Na política, a única referência dele é o tio Chico dos
Correios, do PT, atual vice-prefeito do vizinho município de Flores. Derrotado
na chapa que tentou a reeleição, Chico passará a assessorar o sobrinho na
Câmara de Calumbi. “Robério é um dos melhores vaqueiros do Pajeú, um agricultor
pobre e sofrido de nossa região, mas com vocação também para a política”, diz o
tio. Segundo ele, um dos motes iniciais do trabalho do sobrinho será a defesa
da vaquejada, esporte e atividade econômica no Nordeste.
“O Supremo tem, no meu entender, coisas mais importantes para
cuidar do que está se preocupando com vaquejada”, desabafa o vereador-vaqueiro,
que também vai defender a preservação do esporte como componente cultural em
seu município. No sítio Carnaúba, a 2 km do centro da cidade, aonde mora com a
esposa Aline e dois filhos, o mais velho de 15 anos já chegado a uma pega de
boi, Robério arrastou 150 votos, boa parte dos vaqueiros ou apreciadores da
arte. O restante foi pulverizado nos demais redutos eleitorais no campo e no
perímetro urbano também.
Robério já ganhou vários prémios em pega de boi pelo
Nordeste. Arriscando a vida na caatinga fechada, recentemente quebrou o nariz
numa queda. “O prêmio valia R$ 150 e acabei no prejuízo, gastando mais de R$ 5
mil na cirurgia para deixar o danado do nariz no lugar”, conta ele. Apesar das
recomendações médicas, com 15 dias Robério estava de volta ao mato e,
brincando, revela que o curativo foi tirado na caatinga, arrastado por um
garrancho.
Agricultor, vaqueiro e também bacamarteiro, Robério não é,
entretanto, daqueles com dotes também para o tradicional aboio, um canto sem
palavras, entoado na condução do gado para os currais ou no trabalho de guiar a
boiada para a pastagem. É um canto ou toada um tanto dolente, uma melodia
lenta, bem adaptada ao andar vagaroso dos animais, finalizado sempre por uma
frase de incitamento à boiada: ei boi! Boi surubim! Ei, lá, bonzinho!

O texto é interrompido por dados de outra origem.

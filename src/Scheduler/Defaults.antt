-- ===== src/Scheduler/Defaults.antt =====
-- The default schedule of `AddPolicy` of internal/scheduler/scheduler.go.
use btrfs_snapah_pow.Base.{
  ℕ, ◌≡◌, refl, ap, sym, ◌∙◌, ◌≢◌, String, Bool, true, false, not, some, lookup, insert,
  lookup-insert_self, Result, ok, err, length, is_empty, has_prefix, strip, if◌then◌else◌, arith,
}
use mathlib.Core.Path.{subst}
use btrfs_snapah_pow.Strings.{fields}
use btrfs_snapah_pow.Scheduler.{Policy, Cron, Scheduler, schedule_of, registered, add_policy}

module _ {C : Type 0} (cron : Cron C) where
  -- The cron of `NewScheduler` is made with `WithSeconds`: a schedule that is no descriptor, such as
  -- "@hourly", and names no time zone is an error unless it has six fields.
  abbrev pub WantsSixFields : Type 0
  WantsSixFields =
      (spec : String) (p : Policy) (c : C)
      → has_prefix spec "@" ≡ false
      → has_prefix spec "TZ=" ≡ false
      → has_prefix spec "CRON_TZ=" ≡ false
      → length (fields spec) ≢ 6
      → (message : String) × ((cron.add_func spec p c).1 ≡ err message)

  refused_registered :
      (p : Policy) (s : Scheduler C) (answer : C × Result ℕ) (message : String)
      → answer.1 ≡ err message
      → (text : String) × ((registered cron p s answer).1 ≡ err text)
        × ((registered cron p s answer).0.entry_ids ≡ s.entry_ids)
        × ((registered cron p s answer).0.policies ≡ s.policies)
  refused_registered p s (c, err _) message h = (_, refl, refl, refl)
  refused_registered p s (c, ok id) message h = absurd cc

  default_of :
      (spec : String) → spec ≡ "" → (if is_empty spec then "0 * * * *" else spec) ≡ "0 * * * *"
  default_of spec h = rw h refl

  five_fields : length (fields "0 * * * *") ≢ 6
  unfolding fields
  five_fields h = absurd (omega arith)

  default_refused :
      WantsSixFields
      → (p : Policy) (c : C)
      → (message : String) × ((cron.add_func "0 * * * *" p c).1 ≡ err message)
  unfolding strip
  default_refused wants p c = wants "0 * * * *" p c refl refl refl five_fields

  chosen_refused :
      (b : Bool) (p : Policy) (s : Scheduler C) (message : String)
      → b ≡ true
      → (cron.add_func (schedule_of p) p s.cron).1 ≡ err message
      → (text : String) × ((if not b
            then (s, ok tt)
            else registered cron p s (cron.add_func (schedule_of p) p s.cron)).1
          ≡ err text)
        × ((if not b
              then (s, ok tt)
              else registered cron p s (cron.add_func (schedule_of p) p s.cron)).0.entry_ids
            ≡ s.entry_ids)
        × ((if not b
              then (s, ok tt)
              else registered cron p s (cron.add_func (schedule_of p) p s.cron)).0.policies
            ≡ s.policies)
  chosen_refused true p s message on h =
      refused_registered p s (cron.add_func (schedule_of p) p s.cron) message h
  chosen_refused false p s message on h = absurd cc

  -- Where the cron wants six fields, an enabled policy without a schedule is refused, since the
  -- default has five: no entry is made, though the policy is in the map from then on.
  pub default_schedule_rejected :
      (p : Policy) (s : Scheduler C)
      → WantsSixFields
      → p.enabled ≡ true
      → p.schedule ≡ ""
      → (text : String) × ((add_policy cron p s).1 ≡ err text)
        × ((add_policy cron p s).0.entry_ids ≡ s.entry_ids)
        × (lookup p.id (add_policy cron p s).0.policies ≡ some p)
  unfolding add_policy
  default_schedule_rejected p s wants on empty =
      let (message, refused) =
        subst (λ x. (m : String) × ((cron.add_func x p s.cron).1 ≡ err m))
          (sym (default_of p.schedule empty)) (default_refused wants p s.cron) in
      let (text, failed, entries, known) =
        chosen_refused p.enabled p (record s { policies = insert p.id p s.policies }) message on
          refused in
      (text, failed, entries, ap (lookup p.id) known ∙ lookup-insert_self p.id p s.policies)
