-- ===== src/Scheduler/Policies.antt =====
-- The maps of internal/scheduler/scheduler.go against the entries of the cron: which policies run.
use btrfs_snapah_pow.Base.{
  ℕ, ◌≡◌, refl, sym, ◌∙◌, inl, inr, String, ◌==◌, Bool, true, false, not, Option, none, some,
  lookup, insert, erase, lookup-insert, lookup-erase, Result, ok, err, Bool-cases, eq_iff, eq_refl,
  nat_eq, if◌then◌else◌, arith,
}
use btrfs_snapah_pow.Scheduler.{
  Policy, Cron, Scheduler, new_scheduler, schedule_of, registered, add_policy, remove_policy,
  remove_entry, update_policy,
}

-- What the cron library documents: `live` tells the policy that an entry runs. An added entry has a
-- new number, and an error adds none; `Remove` takes one entry out.
pub record CronLaws {C : Type 0} (cron : Cron C) : Type 0 where
  pub live : ℕ → C → Option Policy
  pub start_live : (e : ℕ) → live e cron.start ≡ none
  pub add_live :
      (spec : String) (p : Policy) (c : C) (id e : ℕ)
      → (cron.add_func spec p c).1 ≡ ok id
      → live e (cron.add_func spec p c).0 ≡ (if nat_eq id e then some p else live e c)
  pub add_new :
      (spec : String) (p : Policy) (c : C) (id : ℕ)
      → (cron.add_func spec p c).1 ≡ ok id
      → live id c ≡ none
  pub add_failed :
      (spec : String) (p : Policy) (c : C) (e : ℕ) (message : String)
      → (cron.add_func spec p c).1 ≡ err message
      → live e (cron.add_func spec p c).0 ≡ live e c
  pub remove_live :
      (id e : ℕ) (c : C) → live e (cron.remove id c) ≡ (if nat_eq id e then none else live e c)

module _ {C : Type 0} (cron : Cron C) (laws : CronLaws cron) where
  -- The scheduler knows what runs: an entry runs a policy exactly if it is recorded under the
  -- policy's id, and that policy is the one in the map and enabled.
  pub record InStep (s : Scheduler C) : Type 0 where
    pub recorded :
        (e : ℕ) (p : Policy) → laws.live e s.cron ≡ some p → lookup p.id s.entry_ids ≡ some e
    pub running :
        (id : String) (e : ℕ)
        → lookup id s.entry_ids ≡ some e
        → (p : Policy) × (laws.live e s.cron ≡ some p)
          × (p.id ≡ id)
          × (lookup id s.policies ≡ some p)
          × (p.enabled ≡ true)

  remove_entry-InStep :
      (id : String) (s : Scheduler C) (o : Option ℕ)
      → lookup id s.entry_ids ≡ o
      → InStep s
      → InStep (record (remove_entry cron id s o) { policies = erase id s.policies })
  unfolding remove_entry
  remove_entry-InStep id s none absent h = record {
    recorded = h.recorded;
    running = λ key e found.
        let (q, l, i, m, en) = h.running key e found in
        (q, l, i, ground (arith, lookup-erase id key s.policies, eq_iff id key), en);
  }
  remove_entry-InStep id s (some entry) present h = record {
    recorded = λ e q l. ground (
      arith,
      laws.remove_live entry e s.cron,
      lookup-erase id q.id s.entry_ids,
      h.recorded e q,
      eq_iff id q.id,
    );
    running = λ key e found.
        let before : lookup key s.entry_ids ≡ some e =
          ground (arith, lookup-erase id key s.entry_ids) in
        let apart : (id == key) ≡ false = ground (arith, lookup-erase id key s.entry_ids) in
        let (q, l, i, m, en) = h.running key e before in
        let (r, l', i', _, _) = h.running id entry present in
        (
          q,
          ground (arith, laws.remove_live entry e s.cron, eq_iff id key),
          i,
          ground (arith, lookup-erase id key s.policies),
          en,
        );
  }

  -- Removing a policy keeps the scheduler in step: a cron entry runs a policy exactly if it is recorded
  -- under the policy's id, and that policy is in the map and enabled.
  pub remove_policy-InStep :
      (id : String) (s : Scheduler C) → InStep s → InStep (remove_policy cron id s)
  unfolding remove_policy
  remove_policy-InStep id s h = remove_entry-InStep id s (lookup id s.entry_ids) refl h

  add_disabled-InStep :
      (p : Policy) (s : Scheduler C)
      → InStep s
      → lookup p.id s.entry_ids ≡ none
      → InStep (record s { policies = insert p.id p s.policies })
  add_disabled-InStep p s h new = record {
    recorded = h.recorded;
    running = λ key e found.
        let (q, l, i, m, en) = h.running key e found in
        (q, l, i, ground (arith, lookup-insert p.id key p s.policies, eq_iff p.id key), en);
  }

  registered-InStep :
      (p : Policy) (s : Scheduler C) (r : Result ℕ)
      → (cron.add_func (schedule_of p) p s.cron).1 ≡ r
      → p.enabled ≡ true
      → InStep s
      → lookup p.id s.entry_ids ≡ none
      → InStep
          (registered cron p
            (record s { policies = insert p.id p s.policies })
            ((cron.add_func (schedule_of p) p s.cron).0, r)).0
  registered-InStep p s (err message) refused on h new = record {
    recorded = λ e q l.
        h.recorded e q (sym (laws.add_failed (schedule_of p) p s.cron e message refused) ∙ l);
    running = λ key e found.
        let (q, l, i, m, en) = h.running key e found in
        (
          q,
          laws.add_failed (schedule_of p) p s.cron e message refused ∙ l,
          i,
          ground (arith, lookup-insert p.id key p s.policies, eq_iff p.id key),
          en,
        );
  }
  registered-InStep p s (ok id) added on h new = record {
    recorded = λ e q l. ground (
      arith,
      laws.add_live (schedule_of p) p s.cron id e added,
      lookup-insert p.id q.id id s.entry_ids,
      h.recorded e q,
      eq_iff p.id q.id,
    );
    running = λ key e found. elim (Bool-cases (p.id == key)) [
      | inl same ↦
          let number : id ≡ e = ground (arith, lookup-insert p.id key id s.entry_ids) in
          (
            p,
            ground (arith, laws.add_live (schedule_of p) p s.cron id e added, number),
            ground (arith, eq_iff p.id key),
            ground (arith, lookup-insert p.id key p s.policies),
            on,
          )
      | inr other ↦
          let before : lookup key s.entry_ids ≡ some e =
            ground (arith, lookup-insert p.id key id s.entry_ids) in
          let (q, l, i, m, en) = h.running key e before in
          (
            q,
            ground (
              arith,
              laws.add_live (schedule_of p) p s.cron id e added,
              laws.add_new (schedule_of p) p s.cron id added,
            ),
            i,
            ground (arith, lookup-insert p.id key p s.policies),
            en,
          )
    ];
  }

  chosen-InStep :
      (b : Bool) (p : Policy) (s : Scheduler C)
      → p.enabled ≡ b
      → InStep s
      → lookup p.id s.entry_ids ≡ none
      → InStep
          (if not b
            then (record s { policies = insert p.id p s.policies }, ok tt)
            else registered cron p
                (record s { policies = insert p.id p s.policies })
                (cron.add_func (schedule_of p) p s.cron)).0
  chosen-InStep true p s on h new =
      registered-InStep p s (cron.add_func (schedule_of p) p s.cron).1 refl on h new
  chosen-InStep false p s off h new = add_disabled-InStep p s h new

  -- Adding a policy whose id has no entry keeps the cron's entries in step with the map, also where the policy is
  -- disabled and where the cron refuses its schedule.
  pub add_policy-InStep :
      (p : Policy) (s : Scheduler C)
      → InStep s
      → lookup p.id s.entry_ids ≡ none
      → InStep (add_policy cron p s).0
  unfolding add_policy
  add_policy-InStep p s h new = chosen-InStep p.enabled p s refl h new

  remove_entry-absent :
      (id : String) (s : Scheduler C) (o : Option ℕ)
      → lookup id s.entry_ids ≡ o
      → lookup id (remove_entry cron id s o).entry_ids ≡ none
  unfolding remove_entry
  remove_entry-absent id s none absent = absent
  remove_entry-absent id s (some e) present = rw (lookup-erase id id s.entry_ids, eq_refl id) refl

  -- Updating a policy keeps the scheduler in step, whether or not the policy was known and whether or
  -- not the cron takes the new schedule: each cron entry is recorded under its policy's id, and each
  -- recorded entry runs the enabled policy that the map has under that id. None is left behind.
  pub update_policy-InStep :
      (p : Policy) (s : Scheduler C) → InStep s → InStep (update_policy cron p s).0
  unfolding update_policy remove_policy
  update_policy-InStep p s h =
      add_policy-InStep p (remove_policy cron p.id s) (remove_policy-InStep p.id s h)
        (remove_entry-absent p.id s (lookup p.id s.entry_ids) refl)

  pub new_scheduler-InStep : InStep (new_scheduler cron)
  unfolding new_scheduler lookup
  new_scheduler-InStep = record {
    recorded = λ e p l. let clash : none ≡ some p = sym (laws.start_live e) ∙ l in absurd cc;
    running = λ id e found. let clash : none ≡ some e = found in absurd cc;
  }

Saindo da caatinga braba para a seara da política na Câmara,
Robério fará oposição à prefeita Sandra da Farmácia, uma das raras espécies do
petismo eleita, derrubando uma velha oligarquia. “Não farei oposição ao que for
de interesse do município”, avisa, adiantando que sua pauta será a defesa do
agricultor, da sua região e dos vaqueiros. “Estarei na Câmara lutando por minha
gente, pelos pobres e sacrificados de Calumbi”, acrescenta.